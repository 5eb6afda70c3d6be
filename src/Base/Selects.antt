-- ===== src/Base/Selects.antt =====
-- A SELECT after a write to rows that it does not read.
use Prim.Native.Nat.{◌≤◌}
use mathlib.Core.Path.{◌≡◌, refl}
use mathlib.Core.Logic.{inl, inr}
use mathlib.Core.Bool.{Bool, true, false}
use mathlib.Core.Option.{none, some}
use mathlib.Core.List.{List, [], ◌∷◌}
use native.Mathlib.Omega.{arith}
use in_work_marketing_os_bac.Base.Tests.{if◌then◌else◌, Bool-cases}
use in_work_marketing_os_bac.Base.Lists.{All, All-map_same}
use in_work_marketing_os_bac.Base.Rows.{find_by, keep_if, update_if, remove_if, count, count_pos}

module _ {ℓ} {A : Type ℓ} where
  pub find_by-remove_if_kept :
      (p q : A → Bool) (xs : List A) (a : A)
      → find_by p xs ≡ some a
      → q a ≡ false
      → find_by p (remove_if q xs) ≡ some a
  unfolding find_by keep_if
  find_by-remove_if_kept p q [] a h k = cc
  find_by-remove_if_kept p q (x ∷ xs) a h k = ground (arith, find_by-remove_if_kept p q xs a)

  pub find_by-update_other :
      (p q : A → Bool) (f : A → A) (xs : List A)
      → ((x : A) → q x ≡ true → (p x ≡ false) × (p (f x) ≡ false))
      → find_by p (update_if q f xs) ≡ find_by p xs
  unfolding find_by update_if
  find_by-update_other p q f [] h = refl
  find_by-update_other p q f (x ∷ xs) h = ground (arith, h x, find_by-update_other p q f xs h)

  pub count-update_other :
      (p q : A → Bool) (f : A → A) (xs : List A)
      → ((x : A) → q x ≡ true → (p x ≡ false) × (p (f x) ≡ false))
      → count p (update_if q f xs) ≡ count p xs
  unfolding count update_if
  count-update_other p q f [] h = refl
  count-update_other p q f (x ∷ xs) h = ground (arith, h x, count-update_other p q f xs h)

  pub find_by-remove_other :
      (p q : A → Bool) (xs : List A)
      → ((x : A) → q x ≡ true → p x ≡ false)
      → find_by p (remove_if q xs) ≡ find_by p xs
  unfolding find_by keep_if
  find_by-remove_other p q [] h = refl
  find_by-remove_other p q (x ∷ xs) h = ground (arith, h x, find_by-remove_other p q xs h)

  -- A DELETE of all rows that a SELECT finds.
  pub find_by-removed : (p : A → Bool) (xs : List A) → find_by p (remove_if p xs) ≡ none
  unfolding find_by keep_if
  find_by-removed p [] = refl
  find_by-removed p (x ∷ xs) = ground (arith, find_by-removed p xs)

  none_pass : (p : A → Bool) (xs : List A) → count p xs ≡ 0 → All (λ x. p x ≡ false) xs
  unfolding count
  none_pass p [] h = tt
  none_pass p (x ∷ xs) h = (ground arith, none_pass p xs (ground arith))

  All-map_to {κ μ} :
      (P : A → Type κ) (Q : A → Type μ)
      → ((x : A) → P x → Q x)
      → (xs : List A) → All P xs
      → All Q xs
  All-map_to P Q f [] h = tt
  All-map_to P Q f (x ∷ xs) h = (f x h.0, All-map_to P Q f xs h.1)

  -- The one row that passes a test.
  pub only_one :
      (p : A → Bool) (xs : List A) (a : A)
      → find_by p xs ≡ some a
      → count p xs ≤ 1
      → All (λ x. p x ≡ true → x ≡ a) xs
  unfolding find_by count
  only_one p [] a h c = tt
  only_one p (x ∷ xs) a h c = elim (Bool-cases (p x)) [
    | inl e ↦ (
      λ t. ground arith,
      All-map_to (λ y. p y ≡ false) (λ y. p y ≡ true → y ≡ a) (λ y n t. absurd (cc (n, t))) xs
          (none_pass p xs (ground arith)),
    )
    | inr e ↦ (λ t. absurd (cc (e, t)), only_one p xs a (ground arith) (ground arith))
  ]

  -- With unique keys, of any type, a SELECT by the key of a row finds that row.
  pub self_lookup_by {κ} :
      {K : Type κ} (test : K → A → Bool) (key : A → K) (xs : List A)
      → ((x : A) → test (key x) x ≡ true)
      → ((k : K) → count (test k) xs ≤ 1)
      → All (λ x. find_by (test (key x)) xs ≡ some x) xs
  unfolding find_by count
  self_lookup_by test key [] own h = tt
  self_lookup_by test key (x ∷ xs) own h = (
    ground (arith, own x),
    All-map_same (λ y. find_by (test (key y)) xs ≡ some y)
        (λ y. find_by (test (key y)) (x ∷ xs) ≡ some y)
        (λ y e. ground (arith, h (key y), count_pos (test (key y)) xs y e)) xs
        (self_lookup_by test key xs own (λ k. ground (arith, h k))),
  )

  pub All-remove_if {κ μ} :
      (P : A → Type κ) (Q : A → Type μ) (q : A → Bool) (xs : List A)
      → ((x : A) → P x → q x ≡ false → Q x)
      → All P xs
      → All Q (remove_if q xs)
  unfolding keep_if
  All-remove_if P Q q [] f a = tt
  All-remove_if P Q q (x ∷ xs) f a = elim (Bool-cases (q x)) [
    | inl e ↦ rw e (All-remove_if P Q q xs f a.1)
    | inr e ↦ rw e (f x a.0 e, All-remove_if P Q q xs f a.1)
  ]

  -- A SELECT after an UPDATE, of whatever rows, that does not change who passes the SELECT's test.
  pub find_by-update_any :
      (p q : A → Bool) (f : A → A) (xs : List A) (r : A)
      → ((x : A) → p (f x) ≡ p x)
      → find_by p xs ≡ some r
      → find_by p (update_if q f xs) ≡ some (if q r then f r else r)
  unfolding find_by update_if
  find_by-update_any p q f [] r h e = cc
  find_by-update_any p q f (x ∷ xs) r h e = elim (Bool-cases (p x)) [
    | inl t ↦
        let same : x ≡ r = ground arith in
        rw same (elim (Bool-cases (q r)) [
          | inl u ↦ rw u (rw (h r, ← same, t) refl)
          | inr u ↦ rw u (rw (← same, t) refl)
        ])
    | inr t ↦ ground (arith, h x, find_by-update_any p q f xs r h)
  ]

  -- An UPDATE of all rows that pass a test, after which they fail it.
  pub count-update_cleared :
      (p : A → Bool) (f : A → A) (xs : List A)
      → ((x : A) → p (f x) ≡ false)
      → count p (update_if p f xs) ≡ 0
  unfolding count update_if
  count-update_cleared p f [] h = refl
  count-update_cleared p f (x ∷ xs) h = ground (arith, h x, count-update_cleared p f xs h)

**What the task requires**
Search the records for the word "Selects", then list every line that has it.

**Result**
filename src/Base/Selects.antt
-- ===== src/Base/Selects.antt =====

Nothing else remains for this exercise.